There are 5 main steps involved in the development of a new disease model:

1. Sourcing of pathogen isolates

2. Identification of challenge titre, volume and route

3. Identification of target species parameters (eg age range)

4. In vitro validation

5. In vivo validation

This article will review the critical success factors for each of these steps.

Sourcing of Pathogen Isolates

Once the need for a disease model for a particular pathogen has been identified, it should also be considered whether there is a particular serotype, subtype or toxin production profile of the pathogen that is of particular significance in the geographic region(s) where the VMP will be marketed. This will increase the likelihood that data generated from the use of the model will be acceptable to the regulatory authorities. With changing epidemiology of disease worldwide, this selection can prove challenging, but sufficient information is generally available within the literature and through contacts with industry to allow an informed choice to be made. With improvements in the speed and cost for DNA sequencing in recent years, the genotype of different isolates can now also be used to assist in determining the most appropriate strains to use, and identification of particular pathogenic gene sequences can aid in accurate selection of pathogen strains.

Generally, it is suggested that selection of isolates should be based on a number of factors, taking into account:

• Geographical location

• Where the isolate was sourced

• The year of isolation – (as often the regulators require the use of field isolates which are <5 years old for regulatory studies)

• The age of the animal – and, in fish, the development stage and production environment, from which it was sourced (selecting isolates from animals similar to the intended target for the model)

• The clinical history of the isolate (i.e. what clinical signs were observed in the host animal and what pathology was observed at postmortem, if applicable).
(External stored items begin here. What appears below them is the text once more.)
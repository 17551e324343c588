-- ===== src/LlmCommon/Sift.antt =====
-- kernel/src/llm_common.c: the inner loop of `tok_sort` puts one token into its place in a heap.
use choco_os.Base.{
  ℕ, zero, suc, ◌+◌, ◌-◌, ◌*◌, ◌/◌, ◌≤◌, ◌<◌, ◌≡◌, ◌≢◌, ◌⊎◌, inl, inr, refl, sym, ◌∙◌, true, false,
  ◌==◌, ltb, leb, ◌&&◌, if◌then◌else◌, some, List, length, arith, Bool-cases, subst,
}
use choco_os.LlmCommon.{
  TokenIndex, token_at, compare_tokens, is_negative, swap_tokens, larger_child, sift,
}
use choco_os.LlmCommon.Lookup.{AreStrings}
use choco_os.LlmCommon.Compare.{Le, Le_refl, Le_trans, Le_of_before, IsString}
use choco_os.LlmCommon.Swap.{
  SameTokens, SameTokens_trans, length-swap_tokens, swap_tokens_at, swap_tokens-SameTokens,
}

abbrev pub parent : ℕ → ℕ
parent c = (c - 1) / 2

-- No token below `n` stands before a child of it, for parents from `lo` on.
abbrev pub IsHeapFrom : (lo n : ℕ) → List TokenIndex → Type 0
IsHeapFrom lo n a =
    (c : ℕ) → 0 < c → c < n → lo ≤ parent c → Le (token_at a c) (token_at a (parent c))

-- A heap but for the token at `i`, which may belong further down.
pub record Sifting (lo n : ℕ) (a : List TokenIndex) (i : ℕ) : Type 0 where
  pub edges :
      (c : ℕ)
      → 0 < c
      → c < n
      → lo ≤ parent c
      → parent c ≢ i
      → Le (token_at a c) (token_at a (parent c))
  pub bridged :
      (c : ℕ)
      → 0 < c
      → c < n
      → parent c ≡ i
      → 0 < i
      → lo ≤ parent i
      → Le (token_at a c) (token_at a (parent i))

-- What the loop makes of `a`: a heap of the same tokens, with the tokens from `n` on as they were.
pub record Sifted (lo n : ℕ) (a b : List TokenIndex) : Type 0 where
  pub heap : IsHeapFrom lo n b
  pub size : length b ≡ length a
  pub same : SameTokens b a
  pub strings : AreStrings b
  pub beyond : (k : ℕ) → n ≤ k → token_at b k ≡ token_at a k
  pub bounded :
      (x : TokenIndex)
      → ((k : ℕ) → k < n → Le (token_at a k) x)
      → (k : ℕ) → k < n
      → Le (token_at b k) x

record IsLarger (a : List TokenIndex) (n i m : ℕ) : Type 0 where
  inside : m < n
  child : (m ≡ 2 * i + 1) ⊎ (m ≡ 2 * i + 2)
  largest : (c : ℕ) → 0 < c → c < n → parent c ≡ i → Le (token_at a c) (token_at a m)

two_children : (c i : ℕ) → 0 < c → parent c ≡ i → (c ≡ 2 * i + 1) ⊎ (c ≡ 2 * i + 1 + 1)
two_children c i p e = ground arith

larger_child-IsLarger :
    (a : List TokenIndex) (n i : ℕ) → 2 * i + 1 < n → IsLarger a n i (larger_child a n i)
unfolding larger_child
larger_child-IsLarger a n i h =
    let l = 2 * i + 1 in
    let before = is_negative (compare_tokens (token_at a l) (token_at a (l + 1))) in
    let only : (c : ℕ) → 0 < c → parent c ≡ i → (c ≡ l) ⊎ (c ≡ l + 1) =
      λ c p e. two_children c i p e in
    elim (Bool-cases (ltb (l + 1) n && before)) [
      | inl e ↦
          let e' : before ≡ true = ground arith in
          let up = Le_of_before (token_at a l) (token_at a (l + 1)) e' in
          rw e (record {
            inside = ground arith;
            child = inr (omega arith);
            largest = λ c p q s. elim (only c p s) [
              | inl z ↦ subst (λ k. Le (token_at a k) (token_at a (l + 1))) (sym z) up
              | inr z ↦
                  subst (λ k. Le (token_at a k) (token_at a (l + 1))) (sym z)
                    (Le_refl (token_at a (l + 1)))
            ];
          })
      | inr e ↦ rw e (record {
        inside = h;
        child = inl refl;
        largest = λ c p q s. elim (only c p s) [
          | inl z ↦ subst (λ k. Le (token_at a k) (token_at a l)) (sym z) (Le_refl (token_at a l))
          | inr z ↦
              let down : before ≡ false = ground arith in
              subst (λ k. Le (token_at a k) (token_at a l)) (sym z) down
        ];
      })
    ]

module _ (lo n : ℕ) (a : List TokenIndex) (i m : ℕ) (hn : n ≤ length a) (hi : lo ≤ i)
    (k : IsLarger a n i m) where
  b : List TokenIndex
  b = swap_tokens a i m

  b_at :
      (c : ℕ)
      → token_at b c
        ≡ (if c == m then token_at a i else if c == i then token_at a m else token_at a c)
  unfolding b
  b_at = swap_tokens_at a i m (ground (arith, k.child, k.inside)) (ground (arith, k.inside))

  swap-Sifting : Sifting lo n a i → Le (token_at a i) (token_at a m) → Sifting lo n b m
  swap-Sifting s up = record {
    edges = λ c p q r t.
        ground (arith, b_at c, b_at (parent c), k.child, k.largest c, s.edges c, s.bridged m, up);
    bridged = λ c p q r t u. ground (arith, b_at c, b_at (parent m), k.child, s.edges c);
  }

  swap-AreStrings : AreStrings a → AreStrings b
  unfolding b
  swap-AreStrings st c h =
      let size =
        length-swap_tokens a i m (ground (arith, k.child, k.inside)) (ground (arith, k.inside)) in
      subst (λ t. IsString t) (sym (b_at c))
        (elim (Bool-cases (c == m)) [
          | inl e ↦ rw e (st i (ground (arith, k.child, k.inside)))
          | inr e ↦ elim (Bool-cases (c == i)) [
            | inl f ↦ rw (e, f) (st m (ground (arith, k.inside)))
            | inr f ↦ rw (e, f) (st c (omega arith))
          ]
        ])

  Sifted-swap : (r : List TokenIndex) → Sifted lo n b r → Sifted lo n a r
  unfolding b
  Sifted-swap r s =
      let li : i < length a = ground (arith, k.child, k.inside) in
      let lm : m < length a = ground (arith, k.inside) in
      record {
        heap = s.heap;
        size = s.size ∙ length-swap_tokens a i m li lm;
        same = SameTokens_trans r b a s.same (swap_tokens-SameTokens a i m li lm);
        strings = s.strings;
        beyond = λ c h. s.beyond c h ∙ ground (arith, b_at c, k.child, k.inside);
        bounded =
            λ x h. s.bounded x (λ c p. ground (arith, b_at c, k.child, k.inside, h c, h i, h m));
      }

settled :
    (lo n : ℕ) (a : List TokenIndex) (i : ℕ)
    → AreStrings a
    → Sifting lo n a i
    → ((c : ℕ) → 0 < c → c < n → parent c ≡ i → Le (token_at a c) (token_at a i))
    → Sifted lo n a a
settled lo n a i st s h = record {
  heap = λ c p q r. elim (Bool-cases (parent c == i)) [
    | inl e ↦ let e' : parent c ≡ i = ground arith in rw e' (h c p q e')
    | inr e ↦ s.edges c p q r (ground arith)
  ];
  size = refl;
  same = λ test. refl;
  strings = st;
  beyond = λ k h. refl;
  bounded = λ x h. h;
}

-- With fuel for the entries behind `i`, the loop ends with a heap.
pub sift-Sifted :
    (fuel lo n : ℕ) (a : List TokenIndex) (i : ℕ)
    → 0 < fuel
    → n < fuel + i
    → n ≤ length a
    → lo ≤ i
    → AreStrings a
    → Sifting lo n a i
    → (r : List TokenIndex) × (sift fuel a n i ≡ some r) × Sifted lo n a r
unfolding sift b
sift-Sifted zero lo n a i some_fuel f hn hi st s = absurd (omega arith)
sift-Sifted (suc fuel) lo n a i some_fuel f hn hi st s = elim (Bool-cases (leb n (2 * i + 1))) [
  | inl e ↦
      let le : n ≤ 2 * i + 1 = ground arith in
      (a, rw e refl, settled lo n a i st s (λ c p q t. absurd (omega arith)))
  | inr e ↦
      let lt : 2 * i + 1 < n = ground arith in
      let m = larger_child a n i in
      let k = larger_child-IsLarger a n i lt in
      let c = is_negative (compare_tokens (token_at a i) (token_at a m)) in
      elim (Bool-cases c) [
        | inl neg ↦
            let up = Le_of_before (token_at a i) (token_at a m) neg in
            let size =
              length-swap_tokens a i m (ground (arith, k.child, k.inside))
                (ground (arith, k.inside)) in
            let (r, g, h) =
              sift-Sifted fuel lo n (swap_tokens a i m) m (ground (arith, k.child, k.inside))
                (ground (arith, k.child)) (omega arith) (ground (arith, k.child))
                (swap-AreStrings lo n a i m hn hi k st) (swap-Sifting lo n a i m hn hi k s up) in
            (r, rw (e, neg) g, Sifted-swap lo n a i m hn hi k r h)
        | inr nonneg ↦ (
          a,
          rw (e, nonneg) refl,
          settled lo n a i st s (λ d p q t.
              Le_trans (token_at a d) (token_at a m) (token_at a i) (st d (omega arith))
                (st m (ground (arith, k.inside))) (k.largest d p q t) nonneg),
        )
      ]
]
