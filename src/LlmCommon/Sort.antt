-- ===== src/LlmCommon/Sort.antt =====
-- kernel/src/llm_common.c: `tok_sort` sorts, so that `tok_lookup` can search.
use choco_os.Base.{
  ℕ, zero, suc, ◌+◌, ◌-◌, ◌/◌, ◌≤◌, ◌<◌, ◌≡◌, inl, inr, refl, sym, ◌∙◌, ◌==◌, some, List, length,
  arith, Bool-cases, subst, lt_or_le, if◌then◌else◌,
}
use choco_os.LlmCommon.{TokenIndex, token_at, swap_tokens, sift, build, extract, tok_sort}
use choco_os.LlmCommon.Lookup.{AreStrings, IsSorted}
use choco_os.LlmCommon.Compare.{Le, Le_refl, Le_trans, IsString}
use choco_os.LlmCommon.Swap.{
  SameTokens, SameTokens_trans, length-swap_tokens, swap_tokens_at, swap_tokens-SameTokens,
}
use choco_os.LlmCommon.Sift.{parent, IsHeapFrom, Sifting, Sifted, sift-Sifted}

-- The same tokens, all of them strings, as many.
record Kept (a b : List TokenIndex) : Type 0 where
  size : length b ≡ length a
  same : SameTokens b a
  strings : AreStrings b

Kept-trans : (a b c : List TokenIndex) → Kept a b → Kept b c → Kept a c
Kept-trans a b c h k = record {
  size = k.size ∙ h.size;
  same = SameTokens_trans c b a k.same h.same;
  strings = k.strings;
}

heap-Sifting : (lo n : ℕ) (a : List TokenIndex) → IsHeapFrom (suc lo) n a → Sifting lo n a lo
heap-Sifting lo n a h = record {
  edges = λ c p q r t. h c p q (omega arith);
  bridged = λ c p q r t u. absurd (omega arith);
}

build_step :
    (k n : ℕ) (a b : List TokenIndex)
    → sift (n + 1) a n k ≡ some b
    → build (suc k) n a ≡ build k n b
unfolding build
build_step k n a b e = rw (e, build) refl

-- The first loop makes a heap.
build_heap :
    (k n : ℕ) (a : List TokenIndex)
    → length a ≡ n
    → AreStrings a
    → IsHeapFrom k n a
    → (r : List TokenIndex) × (build k n a ≡ some r) × Kept a r × IsHeapFrom 0 n r
unfolding build
build_heap zero n a z st h = (a, refl, record { size = refl; same = λ test. refl; strings = st }, h)
build_heap (suc k) n a z st h =
    let (b, e, s) =
      sift-Sifted (n + 1) k n a k (omega arith) (omega arith) (omega arith) (omega arith) st
        (heap-Sifting k n a h) in
    let (r, f, kept, g) = build_heap k n b (s.size ∙ z) s.strings s.heap in
    (
      r,
      build_step k n a b e ∙ f,
      Kept-trans a b r (record { size = s.size; same = s.same; strings = s.strings }) kept,
      g,
    )

root_greatest :
    (fuel n : ℕ) (a : List TokenIndex)
    → n ≤ length a
    → AreStrings a
    → IsHeapFrom 0 n a
    → (i : ℕ) → i < fuel
    → i < n
    → Le (token_at a i) (token_at a 0)
root_greatest zero n a hn st h i f p = absurd (omega arith)
root_greatest (suc fuel) n a hn st h zero f p = Le_refl (token_at a 0)
root_greatest (suc fuel) n a hn st h (suc i) f p =
    let q = parent (suc i) in
    Le_trans (token_at a (suc i)) (token_at a q) (token_at a 0) (st (suc i) (omega arith))
      (st q (omega arith)) (h (suc i) (omega arith) p (omega arith))
      (root_greatest fuel n a hn st h q (omega arith) (omega arith))

-- From the index `n` on no token stands before one with a smaller index.
abbrev Ends : ℕ → List TokenIndex → Type 0
Ends n a = (i j : ℕ) → i < j → n ≤ j → j < length a → Le (token_at a i) (token_at a j)

-- One round of the second loop: the greatest token goes to the end of the heap.
module _ (end : ℕ) (a : List TokenIndex) (st : AreStrings a) (inside : suc end < length a)
    (h : IsHeapFrom 0 (suc (suc end)) a) (ends : Ends (suc (suc end)) a) where
  b : List TokenIndex
  b = swap_tokens a 0 (suc end)

  b_at :
      (c : ℕ)
      → token_at b c ≡ (
          if c == suc end
          then token_at a 0
          else if c == 0
          then token_at a (suc end)
          else token_at a c)
  unfolding b
  b_at = swap_tokens_at a 0 (suc end) (omega arith) inside

  greatest : (i : ℕ) → i < suc (suc end) → Le (token_at a i) (token_at a 0)
  greatest i p = root_greatest (suc i) (suc (suc end)) a inside st h i (omega arith) p

  swapped-Kept : Kept a b
  unfolding b
  swapped-Kept =
      let size = length-swap_tokens a 0 (suc end) (omega arith) inside in
      record {
        size = size;
        same = swap_tokens-SameTokens a 0 (suc end) (omega arith) inside;
        strings = λ c p.
            subst (λ t. IsString t) (sym (b_at c))
              (elim (Bool-cases (c == suc end)) [
                | inl e ↦ rw e (st 0 (omega arith))
                | inr e ↦ elim (Bool-cases (c == 0)) [
                  | inl f ↦ rw (e, f) (st (suc end) inside)
                  | inr f ↦ rw (e, f) (st c (omega arith))
                ]
              ]);
      }

  swapped-Sifting : Sifting 0 (suc end) b 0
  swapped-Sifting = record {
    edges = λ c p q r t. ground (arith, b_at c, b_at (parent c), h c);
    bridged = λ c p q r t u. absurd (omega arith);
  }

  swapped_below : (k : ℕ) → k < suc end → Le (token_at b k) (token_at a 0)
  swapped_below k p = ground (arith, b_at k, greatest k, greatest (suc end))

  before_later : (j k : ℕ) → suc end < j → j < length a → k < j → Le (token_at b k) (token_at a j)
  before_later j k behind inn p = ground (arith, b_at k, ends 0 j, ends (suc end) j, ends k j)

  swapped-Ends : (r : List TokenIndex) → Sifted 0 (suc end) b r → Ends (suc end) r
  swapped-Ends r s i j lt le inn =
      let size : length r ≡ length a = s.size ∙ swapped-Kept.size in
      elim (lt_or_le (suc end) j) [
        | inl behind ↦
            let at : token_at r j ≡ token_at a j = s.beyond j le ∙ ground (arith, b_at j) in
            let in_a : j < length a = omega arith in
            rw at (elim (lt_or_le i (suc end)) [
              | inl below ↦
                  s.bounded (token_at a j) (λ k p. before_later j k behind in_a (omega arith)) i
                    below
              | inr from ↦ rw (s.beyond i from) (before_later j i behind in_a lt)
            ])
        | inr le' ↦
            let at_end : j ≡ suc end = omega arith in
            let at : token_at r j ≡ token_at a 0 = s.beyond j le ∙ ground (arith, b_at j) in
            rw at (s.bounded (token_at a 0) swapped_below i (omega arith))
      ]

extract_step :
    (end : ℕ) (a b : List TokenIndex)
    → sift (suc end + 1) (swap_tokens a 0 (suc end)) (suc end) 0 ≡ some b
    → extract (suc end) a ≡ extract end b
unfolding extract
extract_step end a b e = rw (e, extract) refl

-- The second loop sorts a heap.
extract_sorts :
    (end : ℕ) (a : List TokenIndex)
    → AreStrings a
    → end ≤ length a - 1
    → IsHeapFrom 0 (suc end) a
    → Ends (suc end) a
    → (r : List TokenIndex) × (extract end a ≡ some r) × Kept a r × IsSorted r
unfolding extract b
extract_sorts zero a st le h ends = (
  a,
  refl,
  record { size = refl; same = λ test. refl; strings = st },
  λ i j lt inn. ends i j lt (omega arith) inn,
)
extract_sorts (suc end) a st le h ends =
    let inside : suc end < length a = omega arith in
    let kept = swapped-Kept end a st inside h ends in
    let b' = swap_tokens a 0 (suc end) in
    let (c, e, s) =
      sift-Sifted (suc end + 1) 0 (suc end) b' 0 (omega arith) (omega arith)
        (omega (arith, kept.size)) (omega arith) kept.strings
        (swapped-Sifting end a st inside h ends) in
    let k : Kept a c =
      Kept-trans a b' c kept (record { size = s.size; same = s.same; strings = s.strings }) in
    let (r, f, kept', sorted) =
      extract_sorts end c s.strings (omega (arith, k.size)) s.heap
        (swapped-Ends end a st inside h ends c s) in
    (r, extract_step end a c e ∙ f, Kept-trans a c r k kept', sorted)

tok_sort_steps :
    (arr a : List TokenIndex)
    → build (length arr / 2) (length arr) arr ≡ some a
    → tok_sort arr ≡ extract (length arr - 1) a
unfolding tok_sort
tok_sort_steps arr a e = rw (e, tok_sort) refl

-- `tok_sort` of an array of strings ends with the same tokens, each as often, in the order of
-- `strcmp`, so sorted as `tok_lookup` needs it.
pub tok_sort-IsSorted :
    (arr : List TokenIndex)
    → AreStrings arr
    → (r : List TokenIndex) × (tok_sort arr ≡ some r) × SameTokens r arr × AreStrings r × IsSorted r
tok_sort-IsSorted arr st =
    let n = length arr in
    let (a, e, kept, heap) = build_heap (n / 2) n arr refl st (λ c p q r. absurd (omega arith)) in
    let (r, f, kept', sorted) =
      extract_sorts (n - 1) a kept.strings (omega (arith, kept.size))
        (λ c p q r. heap c p (omega arith) r)
        (λ i j lt le inn. absurd (omega (arith, kept.size))) in
    let all = Kept-trans arr a r kept kept' in
    (r, tok_sort_steps arr a e ∙ f, all.same, all.strings, sorted)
This can be particularly important where pathogens can  cause a range of different clinical signs – offering a wide range  of parameters where statistical significance can be evaluated.

Where possible, isolates should be selected from cases where a single isolate was recovered. This is important since with multifactorial infections it is difficult, if not impossible, to attribute clinical signs to a single pathogen. Secondly, opportunistic species may or may not be disease-causing

under certain conditions.

An additional factor to be considered for bacterial pathogens is antimicrobial sensitivity. For bacterial challenge models to be used in antimicrobial efficacy studies, the sensitivity of the pathogen against the common veterinary antimicrobial families in use should be established. For some studies, it may be appropriate to use a bacterial challenge isolate with high or low minimum inhibitory concentration (MIC). This is increasingly important as the incidence of resistant bacterial populations grows. The use of challenge isolates with higher MICs against a particular antimicrobial product provides the option of monitoring field effectiveness of the product against increasingly resistant pathogens.